[[ MATERIAL SHOWN, beginning ]]

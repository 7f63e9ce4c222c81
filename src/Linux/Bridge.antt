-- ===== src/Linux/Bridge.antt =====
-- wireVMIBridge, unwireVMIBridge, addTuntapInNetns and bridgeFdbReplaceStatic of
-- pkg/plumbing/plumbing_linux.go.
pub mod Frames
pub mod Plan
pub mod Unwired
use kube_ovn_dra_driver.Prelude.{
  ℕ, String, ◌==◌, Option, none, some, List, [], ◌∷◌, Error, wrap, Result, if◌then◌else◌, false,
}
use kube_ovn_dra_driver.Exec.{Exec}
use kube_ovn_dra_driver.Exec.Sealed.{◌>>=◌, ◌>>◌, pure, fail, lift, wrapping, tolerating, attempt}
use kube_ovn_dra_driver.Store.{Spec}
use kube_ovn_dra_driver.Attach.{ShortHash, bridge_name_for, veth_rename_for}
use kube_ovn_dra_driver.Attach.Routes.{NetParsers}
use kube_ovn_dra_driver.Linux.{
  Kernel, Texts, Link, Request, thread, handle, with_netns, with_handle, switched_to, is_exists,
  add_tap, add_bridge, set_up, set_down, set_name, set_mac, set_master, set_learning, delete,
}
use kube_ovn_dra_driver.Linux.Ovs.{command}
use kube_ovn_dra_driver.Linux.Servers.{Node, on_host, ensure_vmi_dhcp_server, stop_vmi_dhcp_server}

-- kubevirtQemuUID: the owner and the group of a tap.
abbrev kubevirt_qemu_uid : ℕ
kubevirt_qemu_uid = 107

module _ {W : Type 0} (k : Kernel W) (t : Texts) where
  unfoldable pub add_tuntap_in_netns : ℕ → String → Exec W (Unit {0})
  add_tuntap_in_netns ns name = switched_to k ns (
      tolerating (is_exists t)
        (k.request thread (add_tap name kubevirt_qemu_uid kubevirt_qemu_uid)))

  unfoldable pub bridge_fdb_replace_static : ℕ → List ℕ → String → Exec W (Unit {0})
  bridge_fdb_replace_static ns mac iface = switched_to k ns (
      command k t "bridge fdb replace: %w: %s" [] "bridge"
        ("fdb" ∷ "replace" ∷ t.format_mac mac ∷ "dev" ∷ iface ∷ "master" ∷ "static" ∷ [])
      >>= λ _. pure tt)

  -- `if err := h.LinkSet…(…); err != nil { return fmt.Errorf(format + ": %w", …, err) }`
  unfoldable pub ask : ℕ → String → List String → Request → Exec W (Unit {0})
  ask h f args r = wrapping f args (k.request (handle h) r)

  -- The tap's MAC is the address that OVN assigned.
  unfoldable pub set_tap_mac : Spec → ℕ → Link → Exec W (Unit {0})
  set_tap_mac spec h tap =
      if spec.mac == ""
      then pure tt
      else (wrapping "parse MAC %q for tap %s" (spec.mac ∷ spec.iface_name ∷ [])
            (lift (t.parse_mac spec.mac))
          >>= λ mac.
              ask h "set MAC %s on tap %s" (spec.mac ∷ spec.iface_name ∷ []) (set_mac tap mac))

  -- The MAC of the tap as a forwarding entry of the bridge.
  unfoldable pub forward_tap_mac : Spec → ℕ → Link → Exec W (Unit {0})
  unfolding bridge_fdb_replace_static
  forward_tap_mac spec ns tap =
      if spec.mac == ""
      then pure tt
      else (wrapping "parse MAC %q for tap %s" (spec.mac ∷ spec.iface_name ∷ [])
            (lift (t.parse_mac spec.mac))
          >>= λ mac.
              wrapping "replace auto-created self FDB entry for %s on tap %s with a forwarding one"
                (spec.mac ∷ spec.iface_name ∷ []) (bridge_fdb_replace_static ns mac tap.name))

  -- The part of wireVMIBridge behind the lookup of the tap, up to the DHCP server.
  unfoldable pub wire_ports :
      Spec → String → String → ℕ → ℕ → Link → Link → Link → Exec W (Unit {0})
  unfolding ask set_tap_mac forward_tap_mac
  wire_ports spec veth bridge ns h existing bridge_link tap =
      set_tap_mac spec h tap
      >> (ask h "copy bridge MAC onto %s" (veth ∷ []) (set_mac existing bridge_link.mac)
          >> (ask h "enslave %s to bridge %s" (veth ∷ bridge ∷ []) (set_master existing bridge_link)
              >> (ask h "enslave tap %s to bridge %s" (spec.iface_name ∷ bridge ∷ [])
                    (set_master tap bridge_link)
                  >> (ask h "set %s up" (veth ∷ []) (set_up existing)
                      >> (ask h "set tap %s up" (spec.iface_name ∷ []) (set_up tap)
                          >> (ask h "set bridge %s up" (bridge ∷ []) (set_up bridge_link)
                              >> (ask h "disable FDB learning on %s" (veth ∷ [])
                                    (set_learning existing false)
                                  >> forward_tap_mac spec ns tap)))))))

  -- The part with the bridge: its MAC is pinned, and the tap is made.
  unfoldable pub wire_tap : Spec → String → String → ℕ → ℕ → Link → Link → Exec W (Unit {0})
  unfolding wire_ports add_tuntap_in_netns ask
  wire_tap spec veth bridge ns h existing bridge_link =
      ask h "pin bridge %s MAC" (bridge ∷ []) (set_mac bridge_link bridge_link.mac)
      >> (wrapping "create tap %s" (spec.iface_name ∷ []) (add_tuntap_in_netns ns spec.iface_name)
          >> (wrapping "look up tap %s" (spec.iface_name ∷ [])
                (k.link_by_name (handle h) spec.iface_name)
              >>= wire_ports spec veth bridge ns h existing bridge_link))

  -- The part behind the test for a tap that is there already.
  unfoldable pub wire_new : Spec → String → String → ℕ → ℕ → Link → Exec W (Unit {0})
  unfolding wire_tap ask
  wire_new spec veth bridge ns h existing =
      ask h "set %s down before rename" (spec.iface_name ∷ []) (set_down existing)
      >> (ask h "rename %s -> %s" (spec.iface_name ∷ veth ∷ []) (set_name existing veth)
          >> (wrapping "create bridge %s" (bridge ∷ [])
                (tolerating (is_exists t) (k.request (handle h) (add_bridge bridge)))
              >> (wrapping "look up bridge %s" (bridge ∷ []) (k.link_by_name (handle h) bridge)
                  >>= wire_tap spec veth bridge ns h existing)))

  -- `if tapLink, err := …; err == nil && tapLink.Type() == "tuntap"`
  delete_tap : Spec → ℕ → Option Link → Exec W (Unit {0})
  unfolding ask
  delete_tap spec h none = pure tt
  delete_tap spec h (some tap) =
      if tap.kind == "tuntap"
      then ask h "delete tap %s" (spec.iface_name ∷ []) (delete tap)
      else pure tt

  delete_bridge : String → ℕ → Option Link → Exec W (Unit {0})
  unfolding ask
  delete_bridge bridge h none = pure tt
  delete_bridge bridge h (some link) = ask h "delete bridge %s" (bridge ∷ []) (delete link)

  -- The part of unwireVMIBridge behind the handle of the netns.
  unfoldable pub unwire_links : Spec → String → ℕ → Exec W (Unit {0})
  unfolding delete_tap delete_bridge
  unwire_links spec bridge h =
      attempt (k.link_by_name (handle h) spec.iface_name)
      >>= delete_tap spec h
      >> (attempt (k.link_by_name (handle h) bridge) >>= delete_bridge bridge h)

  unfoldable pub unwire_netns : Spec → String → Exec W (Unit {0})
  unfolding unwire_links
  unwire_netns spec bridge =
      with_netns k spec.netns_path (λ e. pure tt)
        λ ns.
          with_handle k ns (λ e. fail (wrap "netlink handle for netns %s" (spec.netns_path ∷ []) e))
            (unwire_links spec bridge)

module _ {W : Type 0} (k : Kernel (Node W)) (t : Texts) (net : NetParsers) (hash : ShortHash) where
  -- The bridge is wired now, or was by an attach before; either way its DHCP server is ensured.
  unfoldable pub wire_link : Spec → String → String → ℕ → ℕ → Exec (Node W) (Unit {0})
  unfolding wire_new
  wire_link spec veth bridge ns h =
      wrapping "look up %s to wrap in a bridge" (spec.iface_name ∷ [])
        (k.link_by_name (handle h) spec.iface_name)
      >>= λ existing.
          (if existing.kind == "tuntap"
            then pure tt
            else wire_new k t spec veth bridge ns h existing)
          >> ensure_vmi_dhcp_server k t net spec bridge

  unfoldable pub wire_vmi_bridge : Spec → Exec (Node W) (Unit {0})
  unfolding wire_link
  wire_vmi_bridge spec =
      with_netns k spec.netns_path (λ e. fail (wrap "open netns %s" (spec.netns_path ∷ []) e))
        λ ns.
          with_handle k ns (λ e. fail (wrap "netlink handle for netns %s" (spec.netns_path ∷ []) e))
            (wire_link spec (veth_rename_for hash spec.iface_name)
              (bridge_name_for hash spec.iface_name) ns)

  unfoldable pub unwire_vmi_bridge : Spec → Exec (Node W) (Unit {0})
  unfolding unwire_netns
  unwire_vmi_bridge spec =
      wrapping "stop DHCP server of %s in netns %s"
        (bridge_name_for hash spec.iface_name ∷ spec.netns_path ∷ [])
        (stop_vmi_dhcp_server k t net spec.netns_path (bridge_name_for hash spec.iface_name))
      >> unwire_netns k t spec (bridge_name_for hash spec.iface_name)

[[ MATERIAL SHOWN, end ]]

WHAT YOU SHOULD DO = Using the data above, transcribe the lines that run from the line with "-- The part behind" to the line with "[]) (set_down existing)", both ends kept, and output nothing else.

SOLUTION TO THIS TASK =
  -- The part behind the test for a tap that is there already.
  unfoldable pub wire_new : Spec → String → String → ℕ → ℕ → Link → Exec W (Unit {0})
  unfolding wire_tap ask
  wire_new spec veth bridge ns h existing =
      ask h "set %s down before rename" (spec.iface_name ∷ []) (set_down existing)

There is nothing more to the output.